Он шагнул ближе, вторгаясь в пространство.
— Первый путь: садишься в тачку прямо сейчас, мы забываем инцидент, как дурной сон, — предложил он, глядя в глаза, — ты женишься на Виктории, как договаривались изначально. Твоя жизнь и жизнь матери вернутся в колею — лекарства будут приходить вовремя, работа твоя на месте, всё как прежде. Я великодушно прощаю этот позор, и мы продолжим.
Он помолчал, давая осознать, и в его паузе сквозила уверенность.
— Не поеду, и не уговаривайте, — твёрдо отказался Геннадий, выпрямляясь.
Лицо Бориса не дрогнуло — он ждал этого, и продолжил, не повышая тона.
— Ладно, второй вариант, как просил, — сказал он холодно, — оставайся в этой глуши с роднёй, живи своей нищетой. Но завтра твоя мать лишится поставок лекарств, и через месяцы её, вероятно, не станет, это факт. На тебя я навешу кражу — скажем, шкатулки с ценностями перед отъездом, и мои адвокаты обеспечат срок по полной, без шансов.
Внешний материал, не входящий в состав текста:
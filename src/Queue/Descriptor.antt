-- ===== src/Queue/Descriptor.antt =====
-- The descriptors and the completion codes of include/nic/tx_rx.h. A descriptor is copied from its bytes with
-- `memcpy`, so how its fields lie in memory is the compiler's choice: a parameter, `Layout`.
use smart_nic.Base.{ℕ, List, Bool}

pub data ChecksumMode : Type 0 where
  no_checksum layer3 layer4 : ChecksumMode

pub data CompletionCode : Type 0 where
  success buffer_too_small checksum_error no_descriptor fault mtu_exceeded invalid_mss
        too_many_segments :
      CompletionCode

unfoldable pub code_value : CompletionCode → ℕ
code_value success = 0
code_value buffer_too_small = 1
code_value checksum_error = 2
code_value no_descriptor = 3
code_value fault = 4
code_value mtu_exceeded = 5
code_value invalid_mss = 6
code_value too_many_segments = 7

pub record TxDescriptor : Type 0 where
  pub buffer_address : ℕ
  pub byte_length : ℕ
  pub checksum : ChecksumMode
  pub descriptor_index : ℕ
  pub checksum_value : ℕ
  pub checksum_offload : Bool
  pub tso_enabled : Bool
  pub gso_enabled : Bool
  pub mss : ℕ
  pub header_length : ℕ
  pub vlan_insert : Bool
  pub vlan_tag : ℕ

pub record RxDescriptor : Type 0 where
  pub buffer_address : ℕ
  pub buffer_length : ℕ
  pub checksum : ChecksumMode
  pub descriptor_index : ℕ
  pub checksum_offload : Bool
  pub vlan_strip : Bool
  pub vlan_present : Bool
  pub vlan_tag : ℕ
  pub gro_enabled : Bool

-- The sizes of the two structs and what their bytes mean.
pub record Layout : Type 0 where
  pub tx_size : ℕ
  pub rx_size : ℕ
  pub to_tx : List ℕ → TxDescriptor
  pub to_rx : List ℕ → RxDescriptor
Он кивнул на дом, где укрылась Ирина.
— А насчёт неё — я уже навёл справки, её муж-алкоголик на расстоянии вытянутой руки, без проблем, — добавил он, усмехаясь криво, — дам ему бабла, юристов нанял. В суде докажем, что она ветреная мамаша, бросившая сына ради утех с любовником. Опеку отдадут ему, и представь, что он с ними вытворит наедине, без свидетелей. Я прослежу лично, чтобы их муки затмили всё прошлое, по-настоящему. Готов ли ты сломать жизни всех, кого любишь, ради своей упрямости?